Читаем Собрание сочинений в четырех томах. Том 1 полностью

— Перерыв!.. Знаем мы эти перерывы. Ежели да такие перерывы у рабочих, так в трубу вылетишь. А то затянется в кирсет, виляет задом, направо, налево, — и за это денежки гладит...

— Не сметь оскорблять! — вскочил репетитор и ударил кулаком по столу, так что посуда вся запрыгала, жалобно зазвенев.

Хозяин опешил. Все затаились.

— А ты... ты с которой стороны ей родня?

— Молчать, или я башку размозжу... Она моя невеста!

— Ну, ну... уж и осерчал... Так бы и сказали... Чего тут...

Через три дня они повенчались, через месяц разошлись, раздражаясь друг другом...

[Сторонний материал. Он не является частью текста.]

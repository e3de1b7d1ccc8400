-- ===== src/Tests/Scans.antt =====
-- A scan in which `arch` times out, and the state and the responses around it.
use opatchy.Base.{
  In, [], arith, false, filter, here, length, none, ok, refl, some, true, ◌+◌, ◌∷◌, ◌≡◌, ◌≤◌, ◌⊎◌,
}
use opatchy.Models.{
  GenerationBundle, ItemSource, LedgerEntry, PersistentState, Provenance, Response, SourceName,
  SourceStatus, empty_state, is_active,
}
use opatchy.Scan.Assembly.{inventories, inventory_of}
use opatchy.Scan.Generation.{
  ScanInputs, build_generation, due, identified_outcomes, next_metadata, resolve_all,
}
use opatchy.Scan.Generation.Backoff.{
  due_after_six_hours, failed_source_waits, successful_source_rests,
}
use opatchy.Scan.Generation.Complete.{IsBuilt, build_generation-IsBuilt, collected_ids}
use opatchy.Scan.Generation.InStep.{AllAt}
use opatchy.Scan.Outcomes.{SourceOutcome, current, failure, source_key, successful}
use opatchy.Scan.Resolution.{Health, ResolvedOutcome, previous_health, resolve}
use opatchy.Scan.Resolution.Stale.{IsStale, resolve-IsStale}
use opatchy.Storage.State.{max_inactive_ledger_age, max_inactive_ledger_entries, prune_ledger}
use opatchy.Storage.State.Pruning.{prune_ledger_lem}
use opatchy.Tests.Batches.{delivered_entry}
use opatchy.Tests.Policies.{arch_health, vim_snapshot, vim_update}
use opatchy.Validation.{validate_bounded, validate_item, validate_items, validate_response}
use opatchy.Validation.Generations.{inventories-validate_response}

abbrev timed_out : SourceOutcome
timed_out = failure SourceName.arch SourceStatus.timeout "pacman" false true none []

abbrev found : SourceOutcome
found = current SourceName.arch (vim_update ∷ []) Provenance.live [] none

timed_out_is_unsuccessful : successful timed_out ≡ false
unfolding successful failure
timed_out_is_unsuccessful = refl

failed_source_waits_example :
    due (some (next_metadata SourceName.arch (some timed_out ∷ []) none 10)) 20 false ≡ false
failed_source_waits_example =
    failed_source_waits SourceName.arch (some timed_out ∷ []) none 10 20 timed_out here
      timed_out_is_unsuccessful (omega arith)

due_after_six_hours_example :
    due (some (next_metadata SourceName.arch (some timed_out ∷ []) none 10)) 30000000000 false
    ≡ true
due_after_six_hours_example =
    due_after_six_hours SourceName.arch (some timed_out ∷ []) none 10 30000000000 timed_out here tt
      (omega arith)

successful_source_rests_example :
    (due (some (next_metadata SourceName.arch (some found ∷ []) none 10)) 20 false ≡ false)
    × ((next_metadata SourceName.arch (some found ∷ []) none 10).failure_count ≡ 0)
    × ((next_metadata SourceName.arch (some found ∷ []) none 10).permanent_failure ≡ false)
successful_source_rests_example =
    successful_source_rests SourceName.arch (some found ∷ []) none 10 20 found here
      (unfold successful current in refl) (omega arith)

abbrev earlier_bundle : GenerationBundle
earlier_bundle = record {
  order = 1;
  snapshot = vim_snapshot;
  inventories = [];
  state = empty_state;
  last_good = vim_snapshot;
  last_good_keys = "arch" ∷ [];
}

resolve-IsStale_example :
    (value : ResolvedOutcome) × (resolve
        (some timed_out)
        SourceName.arch
        none
        (some earlier_bundle)
        15
      ≡ ok value)
    × IsStale SourceName.arch none vim_snapshot timed_out value
resolve-IsStale_example =
    resolve-IsStale timed_out SourceName.arch none earlier_bundle 15
      (Health.source_health arch_health) timed_out_is_unsuccessful
      (unfold failure source_key in refl) (unfold previous_health in refl)

abbrev arch_inputs : ScanInputs
arch_inputs = record {
  omarchy = none;
  arch = some found;
  aur = none;
  flatpak_user = none;
  flatpak_system = none;
  mise = none;
  security = none;
  cisa_kev = none;
}

arch_inputs_are_at : AllAt (identified_outcomes arch_inputs)
unfolding current
arch_inputs_are_at = (tt, ((refl, refl), (tt, (tt, (tt, (tt, (tt, (tt, tt))))))))

build_generation-IsBuilt_example :
    IsBuilt
      (collected_ids (λ text. text) (resolve_all arch_inputs none 15))
      (build_generation (λ text. text) "g2" 2 arch_inputs none empty_state 15)
build_generation-IsBuilt_example =
    build_generation-IsBuilt (λ text. text) "g2" 2 arch_inputs none empty_state 15
      arch_inputs_are_at tt

vim_update_is_valid : validate_items (vim_update ∷ []) ≡ ok tt
unfolding validate_items validate_item validate_bounded
vim_update_is_valid = refl

vim_inventory_is_listed :
    In
      (inventory_of 10 "g1" (vim_update ∷ []) ItemSource.arch)
      (inventories 10 "g1" (vim_update ∷ []))
unfolding inventories
vim_inventory_is_listed = here

inventories-validate_response_example :
    validate_response
      (Response.inventory_response (inventory_of 10 "g1" (vim_update ∷ []) ItemSource.arch))
    ≡ ok tt
inventories-validate_response_example =
    inventories-validate_response 10 "g1" (vim_update ∷ [])
      (inventory_of 10 "g1" (vim_update ∷ []) ItemSource.arch) vim_update_is_valid
      (unfold validate_bounded in refl) vim_inventory_is_listed

abbrev notified_state : PersistentState
notified_state = record empty_state { ledger = delivered_entry ∷ [] }

prune_ledger_lem_example :
    ((e : LedgerEntry)
      → In e (delivered_entry ∷ [])
      → is_active e ≡ true
      → In e (prune_ledger notified_state 20).ledger)
    × ((e : LedgerEntry)
        → In e (prune_ledger notified_state 20).ledger
        → In e (delivered_entry ∷ [])
          × ((is_active e ≡ true) ⊎ (20 ≤ e.recorded_at + max_inactive_ledger_age)))
    × (length (prune_ledger notified_state 20).ledger
        ≤ length (filter is_active (delivered_entry ∷ [])) + max_inactive_ledger_entries)
prune_ledger_lem_example = prune_ledger_lem notified_state 20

— Сергуня, — говорит старик, — я там распорядился в конторе, чтобы выписали книг тебе. Вот Александр Аркадьевич сказал, что нужно. — И подозрительно смотрит на подающую горничную с полудетскими робкими глазами и черными крылышками на голове, придающими ей прелесть беспомощности. Старик держит ее на случай, если понадобится женщина Сергею, и ревнует к репетитору.

— Да, я дал список, — снисходительно отзывается репетитор.

Репетитор писал здесь кандидатское сочинение, и все, что кругом, было мелко, ничтожно, как обстановка на почтовой станции, где застрял, и надо ехать дальше.

Старик осторожно, почти робко смотрит на Сергея, чувствуя, что у него — другие интересы, другие мысли, и тем значительнее, что это интересы и мысли Сережи. И он старается войти в них и говорит:

— Вот вы надысь объясняли: дескать, Карла Маркс рабочих вызволяет. А по-моему, так: хорошо, рабочий, он при своем месте, хозяин при своем. Стало быть, оно так и должно быть. Я не говорю, как оно будет, может, оно все перевернется, и по Карлову выйдет, не говорю, а что касается настоящего, так тут хаять нечего. Это все одно, хаять дожж, когда туча пришла. Туча пришла, дожж будет, а без тучи дожжа не будет, хочь лопни. Так оно и понимать надо.

— Человеку бог дал ноги, а мы с вами по железной дороге ездим, — небрежно роняет учитель, — нет дождя, стреляют в небо — дождь идет. — И, зевая, добавляет: — Так-то-с. Не нашего ума с вами дело, Захар Касьяныч.

Сережа глядит на обоих все теми же круглыми внимательно любопытными глазами. Ему все хочется понять, чего они вслух не говорят, заглянуть по ту сторону слов, и эта напряженность ожидания отделяет его от них.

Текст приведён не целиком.